Essentially some, if not many, Lambertists have, at various times, operated in a way not too dissimilar to the British Socialist Action around Livingstone. Though, sensing where the money and power is, many have since passed over to the Socialists full-time.
But that's just the organisational detail. What exactly does the PT stand for? Politically the Parti de Travaillieurs has become increasingly nationalist. Writing material on last year's Presidential elections I came across acres of leaden PT prose devoted to denouncing the EU, in a way identical to the Common Market Safeguards Committee.
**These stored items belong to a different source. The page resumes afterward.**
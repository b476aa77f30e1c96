-- ===== src/Evidence/Persist.antt =====
-- `persist_accepted`: what the database and the committed ledger hold once it returns.
use musts.Base.{
  ◌≡◌, refl, sym, ◌∙◌, ap, Bool, true, false, not, ◌||◌, ◌⊎◌, List, [], ◌∷◌, arith, inl, inr,
  Bool-cases,
}
use musts.Base.Order.{◌==◌, ==_iff, nat_ord, pair_ord, list_ord}
use musts.Base.Text.{Text}
use musts.Base.Lists
use musts.Base.Result.{ok, Result-cases}
use musts.Ledger.{LedgerLock, entry, contains, record_entry, save_body}
use musts.Ledger.Laws.{contains-record_entry}
use musts.Ledger.Disk.{MustsDir, contents, load, save}
use musts.Ledger.Disk.RoundTrip.{save-writable, save-lock_file}
use musts.Database.{is_green}
use musts.Database.Laws.{insert_atomic_lem}
use musts.Session.{Session}
use musts.Evidence.Rows.{inserted, inserted-green}
use musts.Evidence.Defs.{
  Env, AcceptedEvidence, evidence_rows, record_all, save_changed, persist_accepted,
}

-- The loop over `record` adds the listed pairs and no others.
pub contains-record_all :
    (cs : List (Text × Text)) (lock : LedgerLock) (c h : Text)
    → contains (record_all cs lock).0 c h ≡ (Lists.contains (entry c h) cs || contains lock c h)
unfolding record_all Lists.contains
contains-record_all [] lock c h = refl
contains-record_all ((check, hash) ∷ cs) lock c h = ground (
  arith,
  contains-record_all cs (record_entry lock check hash).0 c h,
  (contains-record_entry lock check hash c h).0,
)

-- A loop that reports no new entry was given known pairs only.
pub record_all_unchanged :
    (cs : List (Text × Text)) (lock : LedgerLock) (c h : Text)
    → (record_all cs lock).1 ≡ false
    → Lists.contains (entry c h) cs ≡ true
    → contains lock c h ≡ true
unfolding record_all Lists.contains
record_all_unchanged [] lock c h e m = cc
record_all_unchanged ((check, hash) ∷ cs) lock c h e m =
    let (adds, reports) = contains-record_entry lock check hash c h in
    elim (Bool-cases (entry c h == entry check hash)) [
      | inl same ↦
          ap (λ (p : Text × Text). contains lock p.0 p.1)
            ((==_iff (entry c h) (entry check hash)).0 same)
          ∙ known_of reports
      | inr other ↦
          ground (arith, record_all_unchanged cs (record_entry lock check hash).0 c h, adds, other)
    ]
  where
    known_of :
        (record_entry lock check hash).1 ≡ not (contains lock check hash)
        → contains lock check hash ≡ true
    known_of reports = ground (arith, reports)

module _ (env : Env) where
  -- The ledger on disk holds the pair: the file loads to a ledger with it, or it is, byte for byte,
  -- what `save` writes of a ledger with it.
  abbrev pub Recorded : Session → Text → Text → Type 0
  Recorded s c h =
      (lock : LedgerLock) × (contains lock c h ≡ true)
      × ((load env.from_slice s.musts_dir ≡ ok lock)
          ⊎ (s.musts_dir.lock_file ≡ contents (save_body lock)))

  -- the file loads to a ledger with the pair
  abbrev pub Loads : Session → Text → Text → Type 0
  Loads s c h =
      (lock : LedgerLock) × (load env.from_slice s.musts_dir ≡ ok lock) × (contains lock c h ≡ true)

  save_changed-Recorded :
      (cs : List (Text × Text)) (lock : LedgerLock) (s s' : Session) (c h : Text)
      → load env.from_slice s.musts_dir ≡ ok lock
      → save_changed (record_all cs lock) s ≡ (ok tt, s')
      → (Lists.contains (entry c h) cs || contains lock c h) ≡ true
      → Recorded s' c h
  unfolding save_changed
  save_changed-Recorded cs lock s s' c h loads e m = elim (Bool-cases (record_all cs lock).1) [
    | inl new ↦
        let all = (record_all cs lock).0 in
        let written : (save all s.musts_dir).0 ≡ ok tt = ground arith in
        let there : s'.musts_dir ≡ (save all s.musts_dir).1 = ground arith in
        (
          all,
          contains-record_all cs lock c h ∙ m,
          inr (
              ap (λ (d : MustsDir). d.lock_file) there
              ∙ save-lock_file all s.musts_dir (save-writable all s.musts_dir written)),
        )
    | inr old ↦ (
      lock,
      ground (arith, record_all_unchanged cs lock c h),
      inl (ap (λ (t : Session). load env.from_slice t.musts_dir) (unchanged old) ∙ loads),
    )
  ]
    where
      unchanged : (record_all cs lock).1 ≡ false → s' ≡ s
      unchanged old = ground arith

  -- the two steps after the rows are in the database
  pub persist_steps :
      (e : AcceptedEvidence) (s s' : Session)
      → persist_accepted env e s ≡ (ok tt, s')
      → (lock : LedgerLock) × (load env.from_slice s.musts_dir ≡ ok lock)
        × (save_changed (record_all e.checks lock) (inserted env e s) ≡ (ok tt, s'))
  unfolding persist_accepted
  persist_steps e s s' done =
      elim (insert_atomic_lem (evidence_rows env.now_unix true e e.checks) s.db) [
        | inr failed ↦ absurd (ground arith)
        | inl q ↦ elim (Result-cases (load env.from_slice s.musts_dir)) [
          | inr (x, l) ↦ absurd (ground arith)
          | inl (lock, l) ↦ (lock, l, ground arith)
        ]
      ]

  save_changed-db : (p : LedgerLock × Bool) (s : Session) → (save_changed p s).1.db ≡ s.db
  unfolding save_changed
  save_changed-db p s = ground arith

  carried :
      (s : Session) (cs : List (Text × Text)) (lock old : LedgerLock) (c h : Text)
      → load env.from_slice s.musts_dir ≡ ok lock
      → load env.from_slice s.musts_dir ≡ ok old
      → contains old c h ≡ true
      → (Lists.contains (entry c h) cs || contains lock c h) ≡ true
  carried s cs lock old c h loads old_loads has = ground arith

  -- Once `persist_accepted` returns, each of its pairs is green in the database and recorded on
  -- disk, and a pair of the ledger that the file on disk loaded to is still recorded: the file
  -- loads to a ledger with the pair, or is what `save` writes of one.
  pub persist_accepted-Recorded :
      (e : AcceptedEvidence) (s s' : Session) (c h : Text)
      → persist_accepted env e s ≡ (ok tt, s')
      → (Lists.contains (entry c h) e.checks ≡ true → (is_green s'.db c h ≡ true) × Recorded s' c h)
        × (Loads s c h → Recorded s' c h)
  persist_accepted-Recorded e s s' c h done =
      let (lock, loads, saved) = persist_steps e s s' done in
      let recorded = save_changed-Recorded e.checks lock (inserted env e s) s' c h loads saved in
      (
        λ m. (green lock saved m, recorded (ground arith)),
        λ (old, old_loads, old_has).
            recorded (carried s e.checks lock old c h loads old_loads old_has),
      )
    where
      green :
          (lock : LedgerLock)
          → save_changed (record_all e.checks lock) (inserted env e s) ≡ (ok tt, s')
          → Lists.contains (entry c h) e.checks ≡ true
          → is_green s'.db c h ≡ true
      green lock saved m =
          ap (λ d. is_green d c h)
            (sym (ap (λ p. p.1.db) saved)
              ∙ save_changed-db (record_all e.checks lock) (inserted env e s))
          ∙ inserted-green env e s c h m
French sovereignty is their hobby-horse. Even secularism, where the PT are strongest (they are said to influence the excellent Libre Pensee) is interpreted in this ultra-sovereigntist way (not far from Chevenement's 'republicanism'). They do not begin with the principle that secularism is a value for human freedom, the left and workers' movement. They start with the EU's alleged threat to French national sovereignty, and allege that this source of power is the well-spring of human liberation and, secularism.
The PT resembles, in effect, something like the arid remnants of Blanquism in the years up to the First World War: a party unable to cope with the changes wrought by a new phase of economic and political development and that clings to the most ancient of all verities. La Patrie...
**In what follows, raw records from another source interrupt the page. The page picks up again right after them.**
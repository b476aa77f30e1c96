-- ===== src/Evidence/Reload.antt =====
-- The committed ledger after `persist_accepted`, as the next `load` reads it.
use musts.Base.{◌≡◌, refl, ◌∙◌, ap, true, false, ◌||◌, List, [], ◌∷◌, arith, inl, inr, Bool-cases}
use musts.Base.Order.{nat_ord, pair_ord, list_ord}
use musts.Base.Text.{Text}
use musts.Base.Lists
use musts.Base.Map.{IsSorted}
use musts.Base.Result.{ok}
use musts.Ledger.{LedgerLock, entry, contains, record_entry}
use musts.Ledger.Laws.{record_entry-IsSorted}
use musts.Ledger.Disk.{load, save}
use musts.Ledger.Disk.Parser.{IsLedgerParser, load-valid}
use musts.Ledger.Disk.Plain.{AllStorable}
use musts.Ledger.Disk.RoundTrip.{load-save, save-writable}
use musts.Session.{Session}
use musts.Evidence.Rows.{inserted}
use musts.Evidence.Defs.{Env, AcceptedEvidence, record_all, save_changed, persist_accepted}
use musts.Evidence.Persist.{Loads, contains-record_all, record_all_unchanged, persist_steps}

record_all-IsSorted :
    (cs : List (Text × Text)) (lock : LedgerLock)
    → IsSorted lock.satisfied
    → IsSorted (record_all cs lock).0.satisfied
unfolding record_all
record_all-IsSorted [] lock s = s
record_all-IsSorted ((check, hash) ∷ cs) lock s =
    record_all-IsSorted cs (record_entry lock check hash).0
      (record_entry-IsSorted lock check hash s)

record_all-version :
    (cs : List (Text × Text)) (lock : LedgerLock) → (record_all cs lock).0.version ≡ lock.version
unfolding record_all record_entry
record_all-version [] lock = refl
record_all-version ((check, hash) ∷ cs) lock =
    record_all-version cs (record_entry lock check hash).0

module _ (env : Env) where
  save_changed-Loads :
      (parser : IsLedgerParser env.from_slice) (cs : List (Text × Text)) (lock : LedgerLock)
      (s s' : Session) (c h : Text)
      → load env.from_slice s.musts_dir ≡ ok lock
      → AllStorable (record_all cs lock).0
      → save_changed (record_all cs lock) s ≡ (ok tt, s')
      → (Lists.contains (entry c h) cs || contains lock c h) ≡ true
      → Loads env s' c h
  unfolding save_changed
  save_changed-Loads parser cs lock s s' c h loads storable e m =
      elim (Bool-cases (record_all cs lock).1) [
        | inl new ↦
            let all = (record_all cs lock).0 in
            let valid = load-valid env.from_slice s.musts_dir lock parser loads in
            let written : (save all s.musts_dir).0 ≡ ok tt = ground arith in
            let there : s'.musts_dir ≡ (save all s.musts_dir).1 = ground arith in
            (
              all,
              ap (load env.from_slice) there
                  ∙ (load-save env.from_slice all s.musts_dir parser
                      (record_all-IsSorted cs lock valid.0) storable
                      (record_all-version cs lock ∙ valid.1)
                      (save-writable all s.musts_dir written)).1,
              contains-record_all cs lock c h ∙ m,
            )
        | inr old ↦ (
          lock,
          ap (λ (t : Session). load env.from_slice t.musts_dir) (unchanged old) ∙ loads,
          ground (arith, record_all_unchanged cs lock c h),
        )
      ]
    where
      unchanged : (record_all cs lock).1 ≡ false → s' ≡ s
      unchanged old = ground arith

  -- Where the YAML parser reads the lines that `save` writes in printable ASCII, and the pairs of
  -- the ledger on disk and those that are accepted are of printable ASCII, tabs, line feeds and
  -- carriage returns: once `persist_accepted` returns, the ledger on disk loads, and it holds each
  -- accepted pair and each pair that it held before.
  pub persist_accepted-Loads :
      (parser : IsLedgerParser env.from_slice) (e : AcceptedEvidence) (s s' : Session) (c h : Text)
      → ((lock : LedgerLock)
          → load env.from_slice s.musts_dir ≡ ok lock
          → AllStorable (record_all e.checks lock).0)
      → persist_accepted env e s ≡ (ok tt, s')
      → (Lists.contains (entry c h) e.checks ≡ true → Loads env s' c h)
        × (Loads env s c h → Loads env s' c h)
  persist_accepted-Loads parser e s s' c h storable done =
      let (lock, loads, saved) = persist_steps env e s s' done in
      let there =
        save_changed-Loads parser e.checks lock (inserted env e s) s' c h loads
          (storable lock loads) saved in
      (
        λ m. there (ground arith),
        λ (old, old_loads, old_has). there (carried lock old loads old_loads old_has),
      )
    where
      carried :
          (lock old : LedgerLock)
          → load env.from_slice s.musts_dir ≡ ok lock
          → load env.from_slice s.musts_dir ≡ ok old
          → contains old c h ≡ true
          → (Lists.contains (entry c h) e.checks || contains lock c h) ≡ true
      carried lock old loads old_loads has = ground arith
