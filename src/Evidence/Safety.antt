-- ===== src/Evidence/Safety.antt =====
-- What a submission can do, on every path: only a check of the task turns green, only for the hash
-- that was stored with the task, and only while the scopes are as they were.
use musts.Base.{
  ◌≡◌, refl, sym, ◌∙◌, ap, true, false, List, [], ◌∷◌, arith, ◌⊎◌, inl, inr, Bool-cases,
}
use musts.Base.Order.{◌==◌, ==_iff, nat_ord, pair_ord, list_ord}
use musts.Base.Text.{Text}
use musts.Base.Lists
use musts.Base.Lists.{is_empty}
use musts.Base.Map.{BTreeMap}
use musts.Protocol.{EvidenceAsset, EvidenceValidationResponse}
use musts.Ledger.{entry}
use musts.Database.{StoredTask, is_green}
use musts.Database.Laws.{insert_atomic_lem, is_green_in-append}
use musts.Session.{Session}
use musts.Evidence.Defs.{
  Env, SubmissionInputs, AcceptedEvidence, evidence_rows, persist_accepted, record_rejection,
  stored_hash, with_hashes,
}
use musts.Evidence.Submit.{
  stored_satisfies, stored_hashes, evidence_of, split_claims, accept, reject, conclude,
}
use musts.Evidence.Rows.{is_green_in-evidence_rows, persist_accepted-green}

-- The pairs of `with_hashes` are the listed checks with their stored hashes.
contains-with_hashes :
    (hashes : BTreeMap Text Text) (ids : List Text) (c h : Text)
    → Lists.contains (entry c h) (with_hashes hashes ids) ≡ true
    → (Lists.contains c ids ≡ true) × (h ≡ stored_hash hashes c)
unfolding with_hashes Lists.contains
contains-with_hashes hashes [] c h m = cc
contains-with_hashes hashes (id ∷ ids) c h m =
    elim (Bool-cases (entry c h == entry id (stored_hash hashes id))) [
      | inl same ↦
          let eq = (==_iff (entry c h) (entry id (stored_hash hashes id))).0 same in
          let here : c ≡ id = ap (λ (p : Text × Text). p.0) eq in
          (
            ground (arith, (==_iff c id).1 here),
            ap (λ (p : Text × Text). p.1) eq ∙ ap (stored_hash hashes) (sym here),
          )
      | inr other ↦
          let (there, hash) = contains-with_hashes hashes ids c h (ground (arith, other, m)) in
          (ground (arith, there), hash)
    ]

-- The accepted claims are claims of the task.
split_claims-stored :
    (stored ids : List Text) (c : Text)
    → Lists.contains c (split_claims stored ids).0 ≡ true
    → Lists.contains c stored ≡ true
unfolding split_claims Lists.contains
split_claims-stored stored [] c m = cc
split_claims-stored stored (id ∷ ids) c m = elim (Bool-cases (c == id)) [
  | inl same ↦ elim (Bool-cases (Lists.contains id stored)) [
    | inl known ↦ ap (λ x. Lists.contains x stored) ((==_iff c id).0 same) ∙ known
    | inr unknown ↦ ground (arith, unknown, m, split_claims-stored stored ids c)
  ]
  | inr other ↦ ground (arith, other, m, split_claims-stored stored ids c)
]

module _ (env : Env) (inputs : SubmissionInputs) where
  -- Rows of a rejection make nothing green.
  pub record_rejection-green :
      (e : AcceptedEvidence) (s : Session) (c h : Text)
      → is_green (record_rejection env e s).1.db c h ≡ is_green s.db c h
  unfolding record_rejection is_green
  record_rejection-green e s c h =
      elim (insert_atomic_lem (evidence_rows env.now_unix false e e.checks) s.db) [
        | inl q ↦ ground (
          arith,
          is_green_in-append c h s.db.evidence_records
              (evidence_rows env.now_unix false e e.checks),
          is_green_in-evidence_rows env.now_unix false e e.checks c h,
        )
        | inr failed ↦ ap (λ p. is_green p.1 c h) failed
      ]

  accept-state :
      (stored : StoredTask) (assets : List EvidenceAsset) (response : EvidenceValidationResponse)
      (claims : List Text × List Text) (s : Session)
      → ((accept env inputs stored assets response claims s).1 ≡ s)
        ⊎ ((accept env inputs stored assets response claims s).1
            ≡ (persist_accepted env
                (evidence_of env inputs
                  (with_hashes (stored_hashes env stored) claims.0)
                  response.summary
                  assets
                  response)
                s).1)
  unfolding accept
  accept-state stored assets response (accepted_now, []) s = inr (ground arith)
  accept-state stored assets response (accepted_now, x ∷ xs) s = inl refl

  -- What an answer of the implementor makes green is a check of the task at its stored hash.
  pub conclude-green :
      (stored : StoredTask) (assets : List EvidenceAsset) (response : EvidenceValidationResponse)
      (s : Session) (c h : Text)
      → is_green (conclude env inputs stored assets response s).1.db c h ≡ true
      → (is_green s.db c h ≡ true)
        ⊎ ((Lists.contains c (stored_satisfies env stored) ≡ true)
            × (h ≡ stored_hash (stored_hashes env stored) c))
  unfolding conclude reject
  conclude-green stored assets response s c h g = elim (Bool-cases response.accepted) [
    | inl taken ↦
        let claims = split_claims (stored_satisfies env stored) response.satisfies in
        elim (accept-state stored assets response claims s) [
          | inl same ↦ inl (ground (arith, taken, g, ap (λ t. is_green t.db c h) same))
          | inr persisted ↦
              elim (persist_accepted-green env
                (evidence_of env inputs (with_hashes (stored_hashes env stored) claims.0)
                  response.summary assets response)
                s c h (ground (arith, taken, g, ap (λ t. is_green t.db c h) persisted))) [
                  | inl old ↦ inl old
                  | inr new ↦
                      let (listed, hash) =
                        contains-with_hashes (stored_hashes env stored) claims.0 c h new in
                      inr (
                        split_claims-stored (stored_satisfies env stored) response.satisfies c
                            listed,
                        hash,
                      )
                ]
        ]
    | inr declined ↦ inl (
        ground (
          arith,
          declined,
          g,
          record_rejection-green
              (evidence_of env inputs
                (with_hashes (stored_hashes env stored) (stored_satisfies env stored))
                response.message assets response)
              s c h,
        ))
  ]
I fail to see how the Helmsman of this wreck deserves the slightest respect.
Well, the PT was good enough at its best to keep Pierre Broue happy - for several years.
Indeed, in formal membership terms, it was for longest the largest of all the French Trotskyist groups. (Which isn't everything, but neither is it nothing).
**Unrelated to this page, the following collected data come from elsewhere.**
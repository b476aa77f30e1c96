-- ===== src/Evidence/Freshness.antt =====
-- `submit` as a whole: it accepts only while the scopes are as the task found them.
use musts.Base.{
  ◌≡◌, sym, ◌∙◌, ap, true, false, none, some, List, arith, ◌⊎◌, inl, inr, Bool-cases, Option-cases,
}
use musts.Base.Order.{◌==◌, ==_iff, nat_ord, list_ord}
use musts.Base.Text.{Text}
use musts.Base.Lists
use musts.Base.Map.{BTreeMap}
use musts.Base.Result.{Error, ok, err, db, evidence_stale, Result-cases}
use musts.Protocol.{EvidenceAsset, EvidenceValidationResponse}
use musts.Database.{StoredTask, is_green_in, is_green, fetch_task}
use musts.Snapshot.{recompute_task_snapshot_hash}
use musts.Extension.{find_capability, lookup}
use musts.Session.{Session}
use musts.Evidence.Defs.{Env, SubmissionInputs, stored_hash, describe_all}
use musts.Evidence.Submit.{
  stored_satisfies, stored_hashes, judge, evidence_request, conclude, submit_stored, submit,
}
use musts.Evidence.Safety.{conclude-green}

-- The interface to the scope hasher: what a submission relies on. It leaves the evidence rows, the
-- stored tasks and the ledger on disk as they are.
pub record IsScopeHasher (env : Env) : Type 0 where
  pub evidence_records :
      (s : Session)
      → (env.compute_current_scope_hashes s).1.db.evidence_records ≡ s.db.evidence_records
  pub tasks : (s : Session) → (env.compute_current_scope_hashes s).1.db.tasks ≡ s.db.tasks
  pub musts_dir : (s : Session) → (env.compute_current_scope_hashes s).1.musts_dir ≡ s.musts_dir

-- The scopes of the task hash, now, to what was stored with it.
abbrev pub Fresh : Env → Session → StoredTask → Type 0
Fresh env s stored =
    (current : BTreeMap Text Text) × ((env.compute_current_scope_hashes s).0 ≡ ok current)
    × (recompute_task_snapshot_hash env.digest (stored_satisfies env stored) current
        ≡ stored.task_snapshot_hash)

module _ (env : Env) (inputs : SubmissionInputs) where
  -- Where a submission of a stored task stops.
  pub submit_stored-cases :
      (stored : StoredTask) (s : Session)
      → ((x : Error) × (submit_stored env inputs stored s ≡ (err x, s)))
        ⊎ ((x : Error) × (submit_stored env inputs stored s
              ≡ (err x, (env.compute_current_scope_hashes s).1)))
        ⊎ (Fresh env s stored
            × ((assets : List EvidenceAsset) × (response : EvidenceValidationResponse)
                × (submit_stored env inputs stored s
                    ≡ conclude env inputs stored assets response
                        (env.compute_current_scope_hashes s).1)))
  unfolding submit_stored
  submit_stored-cases stored s = elim (Option-cases (env.serde.task.decode stored.payload_json)) [
    | inl undecoded ↦ inl (db, ground (arith, undecoded))
    | inr (task, decoded) ↦ elim (Result-cases (env.compute_current_scope_hashes s).0) [
      | inr (x, failed) ↦ inr (inl (x, ground (arith, decoded, failed)))
      | inl (current, hashed) ↦
          elim (Bool-cases (
            recompute_task_snapshot_hash env.digest (stored_satisfies env stored) current
            == stored.task_snapshot_hash)) [
              | inr stale ↦
                  inr (inl (evidence_stale inputs.task_id, ground (arith, decoded, hashed, stale)))
              | inl same ↦
                  let fresh =
                    (==_iff
                        (recompute_task_snapshot_hash env.digest (stored_satisfies env stored)
                          current)
                        stored.task_snapshot_hash).0
                      same in
                  elim (Result-cases (describe_all env.describe_asset inputs.asset_paths)) [
                    | inr (x, failed) ↦ inr (inl (x, ground (arith, decoded, hashed, same, failed)))
                    | inl (assets, described) ↦ elim (Result-cases env.descriptors) [
                      | inr (x, failed) ↦
                          inr (inl (x, ground (arith, decoded, hashed, same, described, failed)))
                      | inl (descriptors, found) ↦
                          elim (Result-cases (
                            judge env inputs stored.capability
                              (find_capability descriptors stored.capability)
                              (lookup env.registry stored.capability)
                              (evidence_request env inputs stored task assets))) [
                                | inr (x, failed) ↦ inr (
                                    inl (
                                      x,
                                      ground
                                          (arith, decoded, hashed, same, described, found, failed),
                                    ))
                                | inl (response, answered) ↦ inr (
                                    inr (
                                      (current, hashed, fresh),
                                      (
                                        assets,
                                        response,
                                        ground (
                                          arith, decoded, hashed, same, described, found, answered,
                                        ),
                                      ),
                                    ))
                              ]
                    ]
                  ]
            ]
    ]
  ]

  pub submit-eq-submit_stored :
      (stored : StoredTask) (s : Session)
      → fetch_task inputs.task_id s.db ≡ some stored
      → submit env inputs s ≡ submit_stored env inputs stored s
  unfolding submit
  submit-eq-submit_stored stored s e = ground (arith, e)

  -- the task behind a pair that a submission of it turned green
  submit_stored-only_claims :
      IsScopeHasher env
      → (stored : StoredTask) (s : Session) (c h : Text) → is_green s.db c h ≡ false
      → is_green (submit_stored env inputs stored s).1.db c h ≡ true
      → (Lists.contains c (stored_satisfies env stored) ≡ true)
        × (h ≡ stored_hash (stored_hashes env stored) c)
        × Fresh env s stored
  unfolding is_green
  submit_stored-only_claims hasher stored s c h before after = elim (submit_stored-cases stored s) [
    | inl (x, same) ↦ absurd (ground (arith, before, after, ap (λ p. is_green p.1.db c h) same))
    | inr (inl (x, hashed)) ↦
        absurd (ground (arith, before, after, ap (λ p. is_green p.1.db c h) hashed, kept))
    | inr (inr (fresh, (assets, response, concluded))) ↦
        elim (conclude-green env inputs stored assets response
          (env.compute_current_scope_hashes s).1 c h
          (sym (ap (λ p. is_green p.1.db c h) concluded) ∙ after)) [
            | inl old ↦ absurd (ground (arith, before, old, kept))
            | inr (listed, hash) ↦ (listed, hash, fresh)
          ]
  ]
    where
      kept : is_green (env.compute_current_scope_hashes s).1.db c h ≡ is_green s.db c h
      kept = ap (λ rows. is_green_in c h rows) (hasher.evidence_records s)

  -- Where the scope hasher leaves the evidence rows, the stored tasks and the ledger on disk as they
  -- are, and whatever a submission returns: a pair of check and hash that was not green before it and is green after it belongs to the stored
  -- task of the submission. The check is one that the task satisfies, the hash is the one stored
  -- for it, and the scopes of the task hash now to what was stored with it.
  pub submit-only_claims :
      IsScopeHasher env
      → (s : Session) (c h : Text) → is_green s.db c h ≡ false
      → is_green (submit env inputs s).1.db c h ≡ true
      → (stored : StoredTask) × (fetch_task inputs.task_id s.db ≡ some stored)
        × (Lists.contains c (stored_satisfies env stored) ≡ true)
        × (h ≡ stored_hash (stored_hashes env stored) c)
        × Fresh env s stored
  unfolding submit
  submit-only_claims hasher s c h before after =
      elim (Option-cases (fetch_task inputs.task_id s.db)) [
        | inl missing ↦
            absurd (ground (arith, before, after, ap (λ t. is_green t.db c h) (unknown missing)))
        | inr (stored, found) ↦
            let (listed, hash, fresh) = submit_stored-only_claims hasher stored s c h before (
              sym (ap (λ p. is_green p.1.db c h) (submit-eq-submit_stored stored s found))
              ∙ after) in
            (stored, found, listed, hash, fresh)
      ]
    where
      unknown : fetch_task inputs.task_id s.db ≡ none → (submit env inputs s).1 ≡ s
      unknown missing = ground (arith, missing)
There's a nice, detailed account of its history in the 70s and 80s and its role in education struggles in the current issue of Revolutionary History.
Dave, that's as may be. They played a significant role in the attempt to extend public control to the Catholic private schools in the 'eighties (defeated by a vast religious mobilisation). In this respect they are in advance of the pro-religious British left, as one see in the publicly funded campaign against French secularism launched by Ken Livingstone.
But the Parti des Travailleurs candidate's (whose name is so significant I forget it) campaign for Mayors' rights in the Presidential election will for ever stand as low point in the history of the French left.
Though there was their role in May 68, pretty dismal as well.
Didn't Broue leave them some time back anyway?
i have to say i agree with much of andrew coates' post on this. i am not a pabloite by the way and never have been!
i think the pt's capitulation to french nationalism / republicanism is particularly rotten.
in their attempts to take on the pcf they sought all kinds of allies, including social-demoracy and those to the right. this was un-principled in my view.
they still have a group in the labour party apparently, the british committee of the european peoples' alliance or something stupid like that!
i think lambertism is a right trend of trotskyism internationally as well so i hope it dispands soon.
interesting post though dave.
best wishes,
ks
Sorry to comment belatedly.
There's a fascinating obituary (in French) at
http://www.le-militant.org/carnet/lambert2.htm
And as for the OCI's role in 1968, despite their appalling withdrawal from the barricades, they did initiate the Sud Aviation strike on 14 May which sparked off the general strike.
Hi there gang, take a lookee at this:
http://www.dailymotion.com/video/x45wfy_enterrement-de-pierre-lambert_news
I didn't like the look of those flags (in that video). They reminded me far too much of those used by Russia's National Bolsheviks, or of Nazi ones.